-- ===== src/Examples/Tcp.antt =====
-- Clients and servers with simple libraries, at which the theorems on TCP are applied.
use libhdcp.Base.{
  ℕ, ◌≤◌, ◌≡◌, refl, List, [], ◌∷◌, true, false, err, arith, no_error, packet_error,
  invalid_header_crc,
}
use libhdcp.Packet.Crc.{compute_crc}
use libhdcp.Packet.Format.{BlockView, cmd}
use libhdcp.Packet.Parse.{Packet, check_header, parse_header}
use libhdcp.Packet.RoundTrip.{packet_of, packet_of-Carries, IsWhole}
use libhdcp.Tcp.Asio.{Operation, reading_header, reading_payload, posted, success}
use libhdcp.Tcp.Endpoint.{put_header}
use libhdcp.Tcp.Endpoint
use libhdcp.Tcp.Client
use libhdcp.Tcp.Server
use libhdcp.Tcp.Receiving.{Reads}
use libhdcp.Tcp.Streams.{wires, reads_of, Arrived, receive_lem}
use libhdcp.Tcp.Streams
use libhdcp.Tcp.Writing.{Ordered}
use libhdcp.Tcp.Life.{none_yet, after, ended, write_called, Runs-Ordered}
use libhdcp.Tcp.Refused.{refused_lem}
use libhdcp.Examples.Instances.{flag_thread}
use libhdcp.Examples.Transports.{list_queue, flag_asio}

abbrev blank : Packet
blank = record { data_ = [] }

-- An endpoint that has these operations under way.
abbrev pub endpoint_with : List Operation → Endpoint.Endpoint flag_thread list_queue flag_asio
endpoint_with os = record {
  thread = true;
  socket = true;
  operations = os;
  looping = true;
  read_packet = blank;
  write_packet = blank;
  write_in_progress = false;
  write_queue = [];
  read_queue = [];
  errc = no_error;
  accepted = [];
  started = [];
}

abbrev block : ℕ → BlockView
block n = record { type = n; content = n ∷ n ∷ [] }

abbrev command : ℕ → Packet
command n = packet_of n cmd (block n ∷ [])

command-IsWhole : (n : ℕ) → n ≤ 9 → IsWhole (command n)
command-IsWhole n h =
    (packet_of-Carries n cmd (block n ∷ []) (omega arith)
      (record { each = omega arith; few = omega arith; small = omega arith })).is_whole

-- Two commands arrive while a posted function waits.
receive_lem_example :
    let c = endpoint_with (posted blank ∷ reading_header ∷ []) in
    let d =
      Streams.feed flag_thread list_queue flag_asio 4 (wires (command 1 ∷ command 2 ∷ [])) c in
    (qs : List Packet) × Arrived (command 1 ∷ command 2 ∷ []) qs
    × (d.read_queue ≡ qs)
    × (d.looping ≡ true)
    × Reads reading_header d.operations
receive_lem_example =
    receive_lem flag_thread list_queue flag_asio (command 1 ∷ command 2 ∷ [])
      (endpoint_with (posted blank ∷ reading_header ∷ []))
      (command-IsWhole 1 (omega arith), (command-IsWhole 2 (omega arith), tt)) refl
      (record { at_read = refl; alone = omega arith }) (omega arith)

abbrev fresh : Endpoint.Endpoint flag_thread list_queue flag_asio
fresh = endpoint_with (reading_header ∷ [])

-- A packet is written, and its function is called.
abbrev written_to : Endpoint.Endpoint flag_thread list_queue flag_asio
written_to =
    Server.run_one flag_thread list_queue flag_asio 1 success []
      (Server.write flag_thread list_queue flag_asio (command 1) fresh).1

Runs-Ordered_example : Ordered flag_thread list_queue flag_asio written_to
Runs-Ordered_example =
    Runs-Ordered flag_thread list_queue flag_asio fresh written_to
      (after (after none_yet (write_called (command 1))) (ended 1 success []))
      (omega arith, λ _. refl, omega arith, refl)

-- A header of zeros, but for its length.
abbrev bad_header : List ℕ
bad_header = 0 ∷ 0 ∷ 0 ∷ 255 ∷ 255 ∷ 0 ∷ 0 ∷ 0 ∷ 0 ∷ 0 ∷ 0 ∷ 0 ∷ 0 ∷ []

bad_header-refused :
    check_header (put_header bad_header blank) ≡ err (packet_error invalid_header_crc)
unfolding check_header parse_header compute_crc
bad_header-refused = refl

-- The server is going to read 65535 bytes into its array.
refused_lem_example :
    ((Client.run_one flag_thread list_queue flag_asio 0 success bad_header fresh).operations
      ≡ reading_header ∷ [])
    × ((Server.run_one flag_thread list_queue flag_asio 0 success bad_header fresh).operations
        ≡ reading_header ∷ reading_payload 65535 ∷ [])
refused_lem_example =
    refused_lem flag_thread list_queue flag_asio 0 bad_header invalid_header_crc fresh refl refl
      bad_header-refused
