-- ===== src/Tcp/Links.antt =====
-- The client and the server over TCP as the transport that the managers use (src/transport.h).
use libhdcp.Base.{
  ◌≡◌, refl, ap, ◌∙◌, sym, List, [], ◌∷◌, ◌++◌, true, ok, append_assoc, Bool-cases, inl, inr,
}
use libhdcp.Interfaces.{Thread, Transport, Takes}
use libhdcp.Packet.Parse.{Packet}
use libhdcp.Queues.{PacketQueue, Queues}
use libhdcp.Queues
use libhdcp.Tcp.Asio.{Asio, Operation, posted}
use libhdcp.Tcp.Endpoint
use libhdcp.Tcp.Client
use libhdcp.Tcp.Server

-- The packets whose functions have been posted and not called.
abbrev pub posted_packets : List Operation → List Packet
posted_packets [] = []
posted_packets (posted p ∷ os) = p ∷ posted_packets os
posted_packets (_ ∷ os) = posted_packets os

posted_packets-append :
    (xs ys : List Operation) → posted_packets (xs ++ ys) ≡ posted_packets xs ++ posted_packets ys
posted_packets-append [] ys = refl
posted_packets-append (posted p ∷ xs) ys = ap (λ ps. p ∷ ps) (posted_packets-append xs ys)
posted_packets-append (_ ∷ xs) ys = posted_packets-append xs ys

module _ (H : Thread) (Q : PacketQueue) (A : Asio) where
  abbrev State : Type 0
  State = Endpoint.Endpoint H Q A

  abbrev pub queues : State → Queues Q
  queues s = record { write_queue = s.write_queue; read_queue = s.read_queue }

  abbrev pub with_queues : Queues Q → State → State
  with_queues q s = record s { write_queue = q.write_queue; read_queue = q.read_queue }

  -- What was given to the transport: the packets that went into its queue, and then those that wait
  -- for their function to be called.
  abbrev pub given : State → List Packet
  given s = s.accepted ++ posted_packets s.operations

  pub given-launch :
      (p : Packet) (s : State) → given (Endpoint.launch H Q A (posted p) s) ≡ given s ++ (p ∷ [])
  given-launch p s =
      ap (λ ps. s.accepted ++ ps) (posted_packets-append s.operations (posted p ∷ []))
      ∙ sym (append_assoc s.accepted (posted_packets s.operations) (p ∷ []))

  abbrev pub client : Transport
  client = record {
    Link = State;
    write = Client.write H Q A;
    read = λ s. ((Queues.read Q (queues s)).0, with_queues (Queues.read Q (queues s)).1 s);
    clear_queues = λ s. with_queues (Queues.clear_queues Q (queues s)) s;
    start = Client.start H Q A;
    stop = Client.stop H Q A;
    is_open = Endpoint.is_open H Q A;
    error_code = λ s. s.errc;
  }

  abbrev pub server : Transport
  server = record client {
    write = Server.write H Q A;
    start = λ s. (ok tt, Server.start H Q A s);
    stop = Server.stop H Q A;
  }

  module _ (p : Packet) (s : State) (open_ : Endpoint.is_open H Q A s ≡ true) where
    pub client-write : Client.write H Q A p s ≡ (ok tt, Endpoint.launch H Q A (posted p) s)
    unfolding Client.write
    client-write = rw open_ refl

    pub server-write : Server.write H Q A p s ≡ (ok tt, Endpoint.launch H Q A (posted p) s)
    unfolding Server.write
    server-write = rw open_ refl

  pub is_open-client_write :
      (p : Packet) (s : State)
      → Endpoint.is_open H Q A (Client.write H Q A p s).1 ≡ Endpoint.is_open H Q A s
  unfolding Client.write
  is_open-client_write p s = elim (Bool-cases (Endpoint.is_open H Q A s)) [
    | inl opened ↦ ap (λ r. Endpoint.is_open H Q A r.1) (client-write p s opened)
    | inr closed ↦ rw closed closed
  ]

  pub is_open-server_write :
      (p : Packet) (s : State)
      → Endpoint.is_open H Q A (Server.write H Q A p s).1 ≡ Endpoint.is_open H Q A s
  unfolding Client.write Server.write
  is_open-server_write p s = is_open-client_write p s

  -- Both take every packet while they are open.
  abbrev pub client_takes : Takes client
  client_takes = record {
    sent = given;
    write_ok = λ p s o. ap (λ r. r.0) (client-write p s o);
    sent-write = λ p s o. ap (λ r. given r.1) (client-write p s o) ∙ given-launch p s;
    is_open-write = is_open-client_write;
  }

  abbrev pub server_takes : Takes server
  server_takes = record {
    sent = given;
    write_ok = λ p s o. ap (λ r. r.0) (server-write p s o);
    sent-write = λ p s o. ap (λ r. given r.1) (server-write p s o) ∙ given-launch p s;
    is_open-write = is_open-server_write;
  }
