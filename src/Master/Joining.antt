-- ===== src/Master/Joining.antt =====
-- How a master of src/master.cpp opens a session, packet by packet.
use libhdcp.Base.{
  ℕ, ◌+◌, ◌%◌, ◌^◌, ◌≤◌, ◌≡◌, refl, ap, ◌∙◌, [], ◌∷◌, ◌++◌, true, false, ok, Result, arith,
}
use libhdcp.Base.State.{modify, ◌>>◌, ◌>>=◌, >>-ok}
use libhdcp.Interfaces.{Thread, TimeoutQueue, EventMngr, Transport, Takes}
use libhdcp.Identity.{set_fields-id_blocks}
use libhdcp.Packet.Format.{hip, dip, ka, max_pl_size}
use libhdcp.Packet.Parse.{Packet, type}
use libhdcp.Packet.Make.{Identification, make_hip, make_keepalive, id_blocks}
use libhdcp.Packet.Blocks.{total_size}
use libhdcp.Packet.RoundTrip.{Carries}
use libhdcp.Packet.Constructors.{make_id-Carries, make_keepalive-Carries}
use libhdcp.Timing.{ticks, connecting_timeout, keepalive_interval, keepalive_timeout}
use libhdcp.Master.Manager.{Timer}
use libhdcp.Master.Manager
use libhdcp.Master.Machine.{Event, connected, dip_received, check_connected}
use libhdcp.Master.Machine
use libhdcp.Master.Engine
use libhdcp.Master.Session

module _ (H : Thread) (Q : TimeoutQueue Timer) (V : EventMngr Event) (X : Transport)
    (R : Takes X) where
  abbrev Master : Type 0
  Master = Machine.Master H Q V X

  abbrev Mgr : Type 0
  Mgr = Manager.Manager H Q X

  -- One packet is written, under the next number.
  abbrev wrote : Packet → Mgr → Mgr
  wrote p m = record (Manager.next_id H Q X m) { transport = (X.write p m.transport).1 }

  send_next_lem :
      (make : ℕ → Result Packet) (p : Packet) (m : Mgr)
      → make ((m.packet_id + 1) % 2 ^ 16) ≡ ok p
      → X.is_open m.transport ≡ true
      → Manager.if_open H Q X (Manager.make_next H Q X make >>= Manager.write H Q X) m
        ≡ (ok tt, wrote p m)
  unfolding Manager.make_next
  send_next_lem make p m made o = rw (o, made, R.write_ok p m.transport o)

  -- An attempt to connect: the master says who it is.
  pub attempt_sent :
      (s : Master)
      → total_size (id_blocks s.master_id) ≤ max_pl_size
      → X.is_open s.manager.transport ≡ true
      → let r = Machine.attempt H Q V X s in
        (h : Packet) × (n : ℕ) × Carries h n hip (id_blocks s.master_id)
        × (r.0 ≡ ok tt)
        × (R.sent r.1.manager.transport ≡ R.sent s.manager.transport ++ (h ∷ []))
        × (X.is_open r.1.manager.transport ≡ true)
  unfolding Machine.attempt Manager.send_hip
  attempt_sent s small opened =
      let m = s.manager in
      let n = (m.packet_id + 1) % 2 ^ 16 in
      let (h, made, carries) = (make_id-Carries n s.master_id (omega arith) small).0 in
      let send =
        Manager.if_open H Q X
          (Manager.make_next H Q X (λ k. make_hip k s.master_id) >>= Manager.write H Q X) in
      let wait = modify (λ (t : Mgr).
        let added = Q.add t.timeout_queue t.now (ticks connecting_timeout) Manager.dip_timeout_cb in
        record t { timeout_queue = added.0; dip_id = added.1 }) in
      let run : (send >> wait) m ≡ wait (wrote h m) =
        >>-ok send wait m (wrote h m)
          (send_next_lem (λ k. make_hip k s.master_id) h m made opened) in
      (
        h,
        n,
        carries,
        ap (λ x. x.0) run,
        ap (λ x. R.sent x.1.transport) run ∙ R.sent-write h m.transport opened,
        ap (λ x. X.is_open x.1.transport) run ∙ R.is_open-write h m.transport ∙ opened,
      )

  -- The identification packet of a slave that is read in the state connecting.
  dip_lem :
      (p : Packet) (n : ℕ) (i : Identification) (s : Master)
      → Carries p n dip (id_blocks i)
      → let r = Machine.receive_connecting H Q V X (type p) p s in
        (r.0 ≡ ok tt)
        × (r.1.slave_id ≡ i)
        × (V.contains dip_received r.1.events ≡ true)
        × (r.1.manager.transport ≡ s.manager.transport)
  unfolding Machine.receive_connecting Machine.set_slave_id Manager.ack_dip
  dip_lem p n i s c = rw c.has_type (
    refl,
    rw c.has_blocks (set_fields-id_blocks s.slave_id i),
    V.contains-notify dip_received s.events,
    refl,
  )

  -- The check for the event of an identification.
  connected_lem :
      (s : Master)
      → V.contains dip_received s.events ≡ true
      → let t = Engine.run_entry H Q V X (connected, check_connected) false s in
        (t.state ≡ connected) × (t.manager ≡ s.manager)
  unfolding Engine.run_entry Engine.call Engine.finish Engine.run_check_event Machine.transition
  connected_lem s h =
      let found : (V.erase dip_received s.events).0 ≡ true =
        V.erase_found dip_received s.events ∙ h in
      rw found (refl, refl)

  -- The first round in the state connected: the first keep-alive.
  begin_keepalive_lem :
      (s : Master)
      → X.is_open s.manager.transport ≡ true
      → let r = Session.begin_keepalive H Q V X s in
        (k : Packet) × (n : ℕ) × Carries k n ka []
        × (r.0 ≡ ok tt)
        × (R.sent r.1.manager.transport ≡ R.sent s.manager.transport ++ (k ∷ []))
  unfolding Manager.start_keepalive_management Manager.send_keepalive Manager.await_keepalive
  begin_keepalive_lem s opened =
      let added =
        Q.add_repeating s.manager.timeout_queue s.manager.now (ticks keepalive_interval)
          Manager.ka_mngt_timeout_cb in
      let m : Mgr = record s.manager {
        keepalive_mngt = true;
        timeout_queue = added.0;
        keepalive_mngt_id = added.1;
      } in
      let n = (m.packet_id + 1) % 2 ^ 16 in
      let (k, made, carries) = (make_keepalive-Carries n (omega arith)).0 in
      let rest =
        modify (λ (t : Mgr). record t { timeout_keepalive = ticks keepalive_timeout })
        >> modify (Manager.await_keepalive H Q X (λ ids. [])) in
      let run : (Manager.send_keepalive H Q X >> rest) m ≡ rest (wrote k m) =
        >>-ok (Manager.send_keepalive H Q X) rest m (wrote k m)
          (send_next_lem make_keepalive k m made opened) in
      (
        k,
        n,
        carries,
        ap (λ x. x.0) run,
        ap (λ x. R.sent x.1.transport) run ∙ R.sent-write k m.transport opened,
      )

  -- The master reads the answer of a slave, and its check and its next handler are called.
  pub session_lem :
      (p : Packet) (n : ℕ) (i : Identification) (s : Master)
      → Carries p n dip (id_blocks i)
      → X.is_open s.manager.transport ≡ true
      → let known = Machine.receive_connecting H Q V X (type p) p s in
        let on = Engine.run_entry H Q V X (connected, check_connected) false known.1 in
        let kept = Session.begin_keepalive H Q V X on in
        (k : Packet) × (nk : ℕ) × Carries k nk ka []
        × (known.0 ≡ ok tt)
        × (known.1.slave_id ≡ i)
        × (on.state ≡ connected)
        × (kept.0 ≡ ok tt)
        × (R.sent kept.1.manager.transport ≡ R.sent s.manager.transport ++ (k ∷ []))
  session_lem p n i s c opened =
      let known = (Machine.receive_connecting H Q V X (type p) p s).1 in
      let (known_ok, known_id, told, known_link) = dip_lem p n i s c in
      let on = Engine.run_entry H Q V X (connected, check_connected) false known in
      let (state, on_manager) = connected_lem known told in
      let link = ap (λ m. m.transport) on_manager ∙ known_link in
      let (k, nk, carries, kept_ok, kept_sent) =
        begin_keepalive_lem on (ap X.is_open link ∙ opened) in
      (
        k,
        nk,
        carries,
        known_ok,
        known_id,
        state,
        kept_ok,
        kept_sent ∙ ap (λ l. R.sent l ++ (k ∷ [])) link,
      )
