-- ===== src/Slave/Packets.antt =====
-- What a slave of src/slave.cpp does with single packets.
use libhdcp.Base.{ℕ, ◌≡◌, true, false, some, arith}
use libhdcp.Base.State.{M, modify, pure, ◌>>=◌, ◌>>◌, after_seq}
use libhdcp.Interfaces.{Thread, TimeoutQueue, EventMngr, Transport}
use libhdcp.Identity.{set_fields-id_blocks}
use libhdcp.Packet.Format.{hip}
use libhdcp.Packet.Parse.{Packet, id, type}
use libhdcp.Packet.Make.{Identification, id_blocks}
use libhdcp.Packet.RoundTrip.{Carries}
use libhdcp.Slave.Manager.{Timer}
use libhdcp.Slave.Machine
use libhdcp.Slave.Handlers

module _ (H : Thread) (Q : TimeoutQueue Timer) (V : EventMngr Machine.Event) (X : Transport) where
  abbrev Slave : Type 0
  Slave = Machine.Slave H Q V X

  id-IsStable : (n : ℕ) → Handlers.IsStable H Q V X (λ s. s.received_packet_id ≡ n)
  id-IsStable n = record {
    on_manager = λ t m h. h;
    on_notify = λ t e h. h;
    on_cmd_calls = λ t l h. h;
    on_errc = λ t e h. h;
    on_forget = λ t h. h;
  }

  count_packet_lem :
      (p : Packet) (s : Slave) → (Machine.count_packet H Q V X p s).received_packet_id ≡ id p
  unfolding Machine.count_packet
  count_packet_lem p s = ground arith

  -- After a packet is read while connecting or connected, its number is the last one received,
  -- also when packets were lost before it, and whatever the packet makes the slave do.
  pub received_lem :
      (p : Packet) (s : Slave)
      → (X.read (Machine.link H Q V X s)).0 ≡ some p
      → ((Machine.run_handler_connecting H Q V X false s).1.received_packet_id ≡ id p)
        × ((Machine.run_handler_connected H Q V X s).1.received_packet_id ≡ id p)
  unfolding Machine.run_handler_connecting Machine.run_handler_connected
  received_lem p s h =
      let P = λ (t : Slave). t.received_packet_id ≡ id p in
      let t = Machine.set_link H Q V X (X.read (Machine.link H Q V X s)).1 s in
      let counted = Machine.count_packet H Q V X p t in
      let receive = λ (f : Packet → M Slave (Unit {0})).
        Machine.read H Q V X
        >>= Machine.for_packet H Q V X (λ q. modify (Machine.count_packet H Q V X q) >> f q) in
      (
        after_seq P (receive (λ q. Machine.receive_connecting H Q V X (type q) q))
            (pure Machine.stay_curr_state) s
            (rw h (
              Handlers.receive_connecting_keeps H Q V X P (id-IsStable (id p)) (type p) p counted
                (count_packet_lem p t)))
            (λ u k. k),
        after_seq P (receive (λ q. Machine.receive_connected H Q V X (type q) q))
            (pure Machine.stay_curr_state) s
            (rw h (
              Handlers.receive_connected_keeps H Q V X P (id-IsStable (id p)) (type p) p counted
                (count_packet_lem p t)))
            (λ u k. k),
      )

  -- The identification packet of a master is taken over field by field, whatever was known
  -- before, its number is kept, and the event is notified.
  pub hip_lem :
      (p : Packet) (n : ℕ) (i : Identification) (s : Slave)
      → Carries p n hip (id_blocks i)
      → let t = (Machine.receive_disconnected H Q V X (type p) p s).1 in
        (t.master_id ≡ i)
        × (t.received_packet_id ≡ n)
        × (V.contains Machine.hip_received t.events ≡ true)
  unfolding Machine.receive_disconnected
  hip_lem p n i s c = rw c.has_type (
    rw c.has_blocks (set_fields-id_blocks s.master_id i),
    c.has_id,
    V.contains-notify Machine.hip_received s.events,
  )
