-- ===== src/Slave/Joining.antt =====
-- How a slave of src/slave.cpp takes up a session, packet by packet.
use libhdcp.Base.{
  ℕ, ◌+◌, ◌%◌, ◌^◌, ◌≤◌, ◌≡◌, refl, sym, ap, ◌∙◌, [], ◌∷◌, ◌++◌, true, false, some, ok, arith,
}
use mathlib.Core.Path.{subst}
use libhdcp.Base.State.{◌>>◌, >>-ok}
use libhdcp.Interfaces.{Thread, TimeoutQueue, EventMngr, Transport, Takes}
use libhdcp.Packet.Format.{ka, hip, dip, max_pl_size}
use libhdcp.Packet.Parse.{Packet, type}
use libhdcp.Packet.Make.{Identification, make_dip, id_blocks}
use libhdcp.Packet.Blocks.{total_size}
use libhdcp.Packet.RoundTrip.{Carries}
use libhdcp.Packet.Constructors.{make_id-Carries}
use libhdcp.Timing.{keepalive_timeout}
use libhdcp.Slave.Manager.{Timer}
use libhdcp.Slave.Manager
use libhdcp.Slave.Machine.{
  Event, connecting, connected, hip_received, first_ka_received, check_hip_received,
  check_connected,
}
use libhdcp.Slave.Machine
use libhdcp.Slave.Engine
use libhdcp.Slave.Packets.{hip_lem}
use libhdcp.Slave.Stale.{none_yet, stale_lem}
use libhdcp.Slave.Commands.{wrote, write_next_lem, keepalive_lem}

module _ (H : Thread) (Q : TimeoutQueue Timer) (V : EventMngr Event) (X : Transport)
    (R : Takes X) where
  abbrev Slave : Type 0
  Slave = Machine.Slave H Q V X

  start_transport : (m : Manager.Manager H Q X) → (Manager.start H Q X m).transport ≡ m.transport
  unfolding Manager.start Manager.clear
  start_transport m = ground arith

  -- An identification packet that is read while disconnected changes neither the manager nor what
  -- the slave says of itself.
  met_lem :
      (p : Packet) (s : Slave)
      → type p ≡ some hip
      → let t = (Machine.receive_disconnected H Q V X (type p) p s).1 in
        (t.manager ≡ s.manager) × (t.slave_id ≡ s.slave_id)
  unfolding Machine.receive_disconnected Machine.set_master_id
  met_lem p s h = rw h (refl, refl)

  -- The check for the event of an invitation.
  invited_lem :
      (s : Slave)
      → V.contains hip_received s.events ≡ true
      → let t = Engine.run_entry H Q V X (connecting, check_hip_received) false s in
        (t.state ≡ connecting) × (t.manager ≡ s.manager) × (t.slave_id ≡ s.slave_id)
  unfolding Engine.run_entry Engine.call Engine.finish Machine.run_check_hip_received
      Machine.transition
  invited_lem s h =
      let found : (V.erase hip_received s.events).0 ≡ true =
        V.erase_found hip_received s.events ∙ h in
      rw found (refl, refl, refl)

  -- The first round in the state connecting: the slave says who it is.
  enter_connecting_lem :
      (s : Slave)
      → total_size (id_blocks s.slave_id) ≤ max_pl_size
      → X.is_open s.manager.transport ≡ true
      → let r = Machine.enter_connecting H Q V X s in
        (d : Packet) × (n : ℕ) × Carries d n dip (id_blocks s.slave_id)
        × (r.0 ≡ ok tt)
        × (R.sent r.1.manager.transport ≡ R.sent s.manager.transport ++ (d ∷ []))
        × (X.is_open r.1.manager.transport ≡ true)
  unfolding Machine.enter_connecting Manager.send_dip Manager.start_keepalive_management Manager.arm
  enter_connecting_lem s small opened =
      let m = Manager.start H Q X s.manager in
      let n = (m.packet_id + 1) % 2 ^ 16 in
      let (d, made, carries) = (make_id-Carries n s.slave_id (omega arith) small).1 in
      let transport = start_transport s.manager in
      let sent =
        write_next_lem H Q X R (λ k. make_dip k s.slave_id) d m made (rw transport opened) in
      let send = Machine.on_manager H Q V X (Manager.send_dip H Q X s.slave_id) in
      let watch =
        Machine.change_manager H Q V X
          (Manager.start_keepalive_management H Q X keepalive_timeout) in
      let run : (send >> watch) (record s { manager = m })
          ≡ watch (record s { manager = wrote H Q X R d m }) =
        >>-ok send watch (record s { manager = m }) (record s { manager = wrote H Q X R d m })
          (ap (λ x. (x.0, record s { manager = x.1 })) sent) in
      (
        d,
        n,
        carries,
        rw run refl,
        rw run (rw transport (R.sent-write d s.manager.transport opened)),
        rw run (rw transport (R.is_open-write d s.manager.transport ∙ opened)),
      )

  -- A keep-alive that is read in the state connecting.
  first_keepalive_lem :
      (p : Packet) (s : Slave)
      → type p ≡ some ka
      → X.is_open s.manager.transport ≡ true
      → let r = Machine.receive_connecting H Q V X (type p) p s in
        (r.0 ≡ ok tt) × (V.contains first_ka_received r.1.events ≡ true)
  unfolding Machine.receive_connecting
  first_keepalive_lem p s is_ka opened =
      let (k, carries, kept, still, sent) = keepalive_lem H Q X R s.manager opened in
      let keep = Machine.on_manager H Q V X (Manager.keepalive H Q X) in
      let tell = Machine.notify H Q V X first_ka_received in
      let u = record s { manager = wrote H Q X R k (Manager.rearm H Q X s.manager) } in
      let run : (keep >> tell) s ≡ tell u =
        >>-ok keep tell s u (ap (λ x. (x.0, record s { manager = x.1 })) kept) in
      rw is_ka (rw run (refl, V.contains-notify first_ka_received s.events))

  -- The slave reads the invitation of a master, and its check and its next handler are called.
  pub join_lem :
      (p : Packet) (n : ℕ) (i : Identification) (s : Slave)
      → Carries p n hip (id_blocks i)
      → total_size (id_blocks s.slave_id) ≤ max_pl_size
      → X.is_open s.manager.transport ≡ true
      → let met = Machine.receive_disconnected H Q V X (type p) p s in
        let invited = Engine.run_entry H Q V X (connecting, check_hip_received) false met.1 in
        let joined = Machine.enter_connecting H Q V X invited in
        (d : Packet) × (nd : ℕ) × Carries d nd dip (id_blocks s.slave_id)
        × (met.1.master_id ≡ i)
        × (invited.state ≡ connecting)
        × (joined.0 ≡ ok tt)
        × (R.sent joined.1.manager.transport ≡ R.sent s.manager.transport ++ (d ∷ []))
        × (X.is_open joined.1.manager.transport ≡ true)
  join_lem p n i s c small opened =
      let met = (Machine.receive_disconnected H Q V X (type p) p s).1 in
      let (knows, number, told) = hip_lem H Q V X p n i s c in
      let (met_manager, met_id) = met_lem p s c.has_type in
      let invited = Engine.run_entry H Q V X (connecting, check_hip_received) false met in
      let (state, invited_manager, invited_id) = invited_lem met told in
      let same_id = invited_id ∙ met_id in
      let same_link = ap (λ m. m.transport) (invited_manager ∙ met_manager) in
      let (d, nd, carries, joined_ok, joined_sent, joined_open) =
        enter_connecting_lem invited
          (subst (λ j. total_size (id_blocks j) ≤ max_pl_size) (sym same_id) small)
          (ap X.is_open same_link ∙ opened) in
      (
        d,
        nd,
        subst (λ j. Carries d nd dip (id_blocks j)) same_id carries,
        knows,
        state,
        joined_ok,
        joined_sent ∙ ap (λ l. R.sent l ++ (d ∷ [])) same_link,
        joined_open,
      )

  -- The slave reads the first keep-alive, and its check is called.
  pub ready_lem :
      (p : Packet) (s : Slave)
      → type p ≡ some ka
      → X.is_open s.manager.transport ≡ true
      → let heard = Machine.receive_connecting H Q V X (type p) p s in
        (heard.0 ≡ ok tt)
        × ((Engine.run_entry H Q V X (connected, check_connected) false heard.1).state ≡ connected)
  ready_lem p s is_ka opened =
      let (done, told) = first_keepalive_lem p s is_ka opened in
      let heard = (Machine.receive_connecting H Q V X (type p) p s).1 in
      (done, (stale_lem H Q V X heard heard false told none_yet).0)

________________________

§ **Work to complete**
If a line in the data contains the string "Constructors", copy it.

§ **Solved problem**
use libhdcp.Packet.Constructors.{make_id-Carries, make_keepalive-Carries}
use libhdcp.Packet.Constructors.{make_id-Carries}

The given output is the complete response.